Required action. Show every line in the records below that contains the word "profiles".

─── Given information ───

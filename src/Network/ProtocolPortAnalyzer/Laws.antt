-- ===== src/Network/ProtocolPortAnalyzer/Laws.antt =====
-- ProtocolPortAnalyzer.cpp: which connections give a profile, and what holds of every profile.
use data_exfiltration_detect.Common.{
  ◌≡◌, refl, List, [], ◌∷◌, map, Bool, ◌&&◌, none, some, ltb, keep_if, arith, if◌then◌else◌,
}
use data_exfiltration_detect.Common.Text.{Text}
use data_exfiltration_detect.Network.Types.{Connection}
use data_exfiltration_detect.Network.NetworkUtils.Addresses.{is_valid_port, has_remote_port}
use data_exfiltration_detect.Network.ConnectionAttributor.{AttributedConnection}
use data_exfiltration_detect.Network.ProtocolPortAnalyzer.{
  ProtocolPortProfile, is_transport, local_family, try_analyze, analyze, analyze_attributed,
}

-- A connection with a local port over TCP or UDP.
abbrev pub is_reportable : Connection → Bool
is_reportable c = ltb 0 c.local_port && is_transport c.protocol

-- What is reported of a connection of a process with a name.
abbrev pub profile_of : Connection → Text → ProtocolPortProfile
profile_of c process_name = record {
  process_id = c.process_id;
  process_name = process_name;
  protocol = c.protocol;
  local_port = c.local_port;
  remote_port = c.remote_port;
  connection_state = c.state;
  address_family = local_family c.local_address;
  has_port = ltb 0 c.remote_port;
  timestamp = c.timestamp;
}

try_analyze_lem :
    (c : Connection) (process_name : Text)
    → try_analyze c process_name
      ≡ (if is_reportable c then some (profile_of c process_name) else none)
unfolding try_analyze is_valid_port has_remote_port
try_analyze_lem c process_name = ground arith

abbrev pub name_of : AttributedConnection → Text
name_of a = if a.has_process_info then a.process_info.process_name else []

analyze_plain :
    (xs : List Connection) → analyze xs ≡ map (λ c. profile_of c []) (keep_if is_reportable xs)
unfolding analyze
analyze_plain [] = refl
analyze_plain (x ∷ xs) = ground (arith, try_analyze_lem x [], analyze_plain xs)

analyze_named :
    (xs : List AttributedConnection)
    → analyze_attributed xs
      ≡ map
          (λ a. profile_of a.connection (name_of a))
          (keep_if (λ a. is_reportable a.connection) xs)
unfolding analyze_attributed
analyze_named [] = refl
analyze_named (x ∷ xs) = ground (arith, try_analyze_lem x.connection (name_of x), analyze_named xs)

-- The profiles are those of the connections with a local port over TCP or UDP, in their order: all
-- fields of the connection are kept, and a remote port is reported as one exactly when it is not
-- zero. Attributed connections give the same profiles, with the name of a known process.
pub analyze_lem :
    (cs : List Connection) (as' : List AttributedConnection)
    → (analyze cs ≡ map (λ c. profile_of c []) (keep_if is_reportable cs))
      × (analyze_attributed as'
          ≡ map
              (λ a. profile_of a.connection (name_of a))
              (keep_if (λ a. is_reportable a.connection) as'))
analyze_lem cs as' = (analyze_plain cs, analyze_named as')
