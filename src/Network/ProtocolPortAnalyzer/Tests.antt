-- ===== src/Network/ProtocolPortAnalyzer/Tests.antt =====
-- A TCP connection, and a row without a local port.
use data_exfiltration_detect.Common.{ℕ, ◌≡◌, refl, List, [], ◌∷◌, map}
use data_exfiltration_detect.Common.Text.{codes}
use data_exfiltration_detect.Network.Types.{ConnectionState, ProtocolType, Connection}
use data_exfiltration_detect.Network.ProtocolPortAnalyzer.{ProtocolPortProfile, analyze}

abbrev connection : ℕ → Connection
connection local_port = record {
  process_id = 7;
  local_address = codes "10.0.0.5";
  local_port = local_port;
  remote_address = codes "93.184.216.34";
  remote_port = 443;
  protocol = ProtocolType.tcp;
  state = ConnectionState.established;
  timestamp = 100;
}

abbrev connections : List Connection
connections = connection 50000 ∷ connection 0 ∷ []

ports : ProtocolPortProfile → ℕ × ℕ
ports p = (p.local_port, p.remote_port)

analyzes : map ports (analyze connections) ≡ (50000, 443) ∷ []
unfolding analyze ports
analyzes = refl
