-- ===== src/Network/RemoteEndpointIdentifier.antt =====
-- src/network/intelligence/RemoteEndpointIdentifier.h and .cpp. `tryIdentify` gives its out-parameter
-- and its Boolean result as an option.
pub mod Laws
mod Tests
use data_exfiltration_detect.Common.{
  ℕ, List, [], ◌∷◌, Bool, true, false, not, ◌&&◌, Option, none, some, if◌then◌else◌,
}
use data_exfiltration_detect.Common.Text.{Text}
use data_exfiltration_detect.Network.Types.{Connection}
use data_exfiltration_detect.Network.NetworkUtils.Addresses.{
  is_valid_ip_address, detect_address_family, is_unspecified, has_remote_endpoint,
}
use data_exfiltration_detect.Network.DomainResolver.{RemoteEndpoint}
use data_exfiltration_detect.Network.ConnectionAttributor.{AttributedConnection}

-- The local address, cleared where it is malformed.
unfoldable pub validated_local : Text → Text
unfolding is_valid_ip_address is_unspecified
validated_local local_ip =
    if not (is_valid_ip_address local_ip) && not (is_unspecified local_ip) then [] else local_ip

unfoldable pub try_identify : Connection → Text → Option RemoteEndpoint
unfolding validated_local is_valid_ip_address has_remote_endpoint detect_address_family
try_identify connection process_name =
    if not (has_remote_endpoint connection.remote_address)
    then none
    else if not (is_valid_ip_address connection.remote_address)
    then none
    else some (record {
      process_id = connection.process_id;
      process_name = process_name;
      protocol = connection.protocol;
      local_ip = validated_local connection.local_address;
      local_port = connection.local_port;
      remote_ip = connection.remote_address;
      remote_port = connection.remote_port;
      address_family = detect_address_family connection.remote_address;
      timestamp = connection.timestamp;
    })

-- `identify` of connections.
unfoldable pub identify : List Connection → List RemoteEndpoint
unfolding try_identify
identify [] = []
identify (connection ∷ connections) =
    let rest = identify connections in
    elim (try_identify connection []) [ none ↦ rest | some endpoint ↦ endpoint ∷ rest ]

-- `identify` of attributed connections.
unfoldable pub identify_attributed : List AttributedConnection → List RemoteEndpoint
unfolding try_identify
identify_attributed [] = []
identify_attributed (attributed ∷ connections) =
    let rest = identify_attributed connections in
    let process_name =
      if attributed.has_process_info then attributed.process_info.process_name else [] in
    elim (try_identify attributed.connection process_name) [
      | none ↦ rest
      | some endpoint ↦ endpoint ∷ rest
    ]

───

Solution for this task.
-- The profiles are those of the connections with a local port over TCP or UDP, in their order: all
-- zero. Attributed connections give the same profiles, with the name of a known process.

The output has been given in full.